EXERCISE DESCRIPTION:
Each line below should be restated word for word.

(Stored data entries)
[Start of section]

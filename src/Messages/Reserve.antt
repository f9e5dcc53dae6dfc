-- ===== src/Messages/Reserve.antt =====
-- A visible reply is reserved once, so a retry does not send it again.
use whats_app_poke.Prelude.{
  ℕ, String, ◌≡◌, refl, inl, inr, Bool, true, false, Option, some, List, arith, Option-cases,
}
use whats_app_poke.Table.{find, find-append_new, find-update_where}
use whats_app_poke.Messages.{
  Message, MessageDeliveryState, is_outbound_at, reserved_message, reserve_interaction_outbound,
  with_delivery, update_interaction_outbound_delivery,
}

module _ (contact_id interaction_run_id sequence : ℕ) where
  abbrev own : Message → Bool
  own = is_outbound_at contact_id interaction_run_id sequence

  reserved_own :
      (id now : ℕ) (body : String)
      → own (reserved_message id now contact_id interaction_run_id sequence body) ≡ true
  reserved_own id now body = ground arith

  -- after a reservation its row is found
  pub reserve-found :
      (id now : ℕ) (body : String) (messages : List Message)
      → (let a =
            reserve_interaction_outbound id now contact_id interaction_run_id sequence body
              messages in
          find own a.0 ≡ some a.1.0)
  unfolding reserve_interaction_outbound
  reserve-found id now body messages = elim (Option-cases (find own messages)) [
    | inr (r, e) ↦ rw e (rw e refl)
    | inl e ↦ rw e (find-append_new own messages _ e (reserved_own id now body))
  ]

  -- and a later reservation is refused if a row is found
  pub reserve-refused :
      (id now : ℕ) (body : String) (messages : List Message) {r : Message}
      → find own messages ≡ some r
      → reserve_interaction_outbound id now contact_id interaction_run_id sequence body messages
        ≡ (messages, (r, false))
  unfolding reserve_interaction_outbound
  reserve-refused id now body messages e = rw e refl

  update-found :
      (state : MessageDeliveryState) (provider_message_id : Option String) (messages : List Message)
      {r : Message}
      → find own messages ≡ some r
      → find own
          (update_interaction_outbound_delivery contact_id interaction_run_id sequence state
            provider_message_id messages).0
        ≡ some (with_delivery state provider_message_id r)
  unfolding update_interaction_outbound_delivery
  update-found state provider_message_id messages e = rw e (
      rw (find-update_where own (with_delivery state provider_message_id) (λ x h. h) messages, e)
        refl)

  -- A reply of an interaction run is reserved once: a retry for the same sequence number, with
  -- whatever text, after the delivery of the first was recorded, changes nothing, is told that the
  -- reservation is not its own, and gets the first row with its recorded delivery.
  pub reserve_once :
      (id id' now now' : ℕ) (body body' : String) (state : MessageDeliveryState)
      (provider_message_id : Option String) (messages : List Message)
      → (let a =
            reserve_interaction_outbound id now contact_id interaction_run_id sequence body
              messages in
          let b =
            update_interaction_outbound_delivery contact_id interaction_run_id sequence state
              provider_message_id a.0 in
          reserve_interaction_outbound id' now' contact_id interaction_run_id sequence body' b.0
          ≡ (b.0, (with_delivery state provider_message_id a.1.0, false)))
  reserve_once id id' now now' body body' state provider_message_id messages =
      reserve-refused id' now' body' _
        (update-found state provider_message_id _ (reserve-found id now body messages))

[End of section]

ANSWER SPACE:
filename src/Messages/Reserve.antt
repository f9e5dcc53dae6dfc
-- ===== src/Messages/Reserve.antt =====
-- A visible reply is reserved once, so a retry does not send it again.
use whats_app_poke.Prelude.{
  ℕ, String, ◌≡◌, refl, inl, inr, Bool, true, false, Option, some, List, arith, Option-cases,
}
use whats_app_poke.Table.{find, find-append_new, find-update_where}
use whats_app_poke.Messages.{
  Message, MessageDeliveryState, is_outbound_at, reserved_message, reserve_interaction_outbound,
  with_delivery, update_interaction_outbound_delivery,
}

module _ (contact_id interaction_run_id sequence : ℕ) where
  abbrev own : Message → Bool
  own = is_outbound_at contact_id interaction_run_id sequence

  reserved_own :
      (id now : ℕ) (body : String)
      → own (reserved_message id now contact_id interaction_run_id sequence body) ≡ true
  reserved_own id now body = ground arith

  -- after a reservation its row is found
  pub reserve-found :
      (id now : ℕ) (body : String) (messages : List Message)
      → (let a =
            reserve_interaction_outbound id now contact_id interaction_run_id sequence body
              messages in
          find own a.0 ≡ some a.1.0)
  unfolding reserve_interaction_outbound
  reserve-found id now body messages = elim (Option-cases (find own messages)) [
    | inr (r, e) ↦ rw e (rw e refl)
    | inl e ↦ rw e (find-append_new own messages _ e (reserved_own id now body))
  ]

  -- and a later reservation is refused if a row is found
  pub reserve-refused :
      (id now : ℕ) (body : String) (messages : List Message) {r : Message}
      → find own messages ≡ some r
      → reserve_interaction_outbound id now contact_id interaction_run_id sequence body messages
        ≡ (messages, (r, false))
  unfolding reserve_interaction_outbound
  reserve-refused id now body messages e = rw e refl

  update-found :
      (state : MessageDeliveryState) (provider_message_id : Option String) (messages : List Message)
      {r : Message}
      → find own messages ≡ some r
      → find own
          (update_interaction_outbound_delivery contact_id interaction_run_id sequence state
            provider_message_id messages).0
        ≡ some (with_delivery state provider_message_id r)
  unfolding update_interaction_outbound_delivery
  update-found state provider_message_id messages e = rw e (
      rw (find-update_where own (with_delivery state provider_message_id) (λ x h. h) messages, e)
        refl)

  -- A reply of an interaction run is reserved once: a retry for the same sequence number, with
  -- whatever text, after the delivery of the first was recorded, changes nothing, is told that the
  -- reservation is not its own, and gets the first row with its recorded delivery.
  pub reserve_once :
      (id id' now now' : ℕ) (body body' : String) (state : MessageDeliveryState)
      (provider_message_id : Option String) (messages : List Message)
      → (let a =
            reserve_interaction_outbound id now contact_id interaction_run_id sequence body
              messages in
          let b =
            update_interaction_outbound_delivery contact_id interaction_run_id sequence state
              provider_message_id a.0 in
          reserve_interaction_outbound id' now' contact_id interaction_run_id sequence body' b.0
          ≡ (b.0, (with_delivery state provider_message_id a.1.0, false)))
  reserve_once id id' now now' body body' state provider_message_id messages =
      reserve-refused id' now' body' _
        (update-found state provider_message_id _ (reserve-found id now body messages))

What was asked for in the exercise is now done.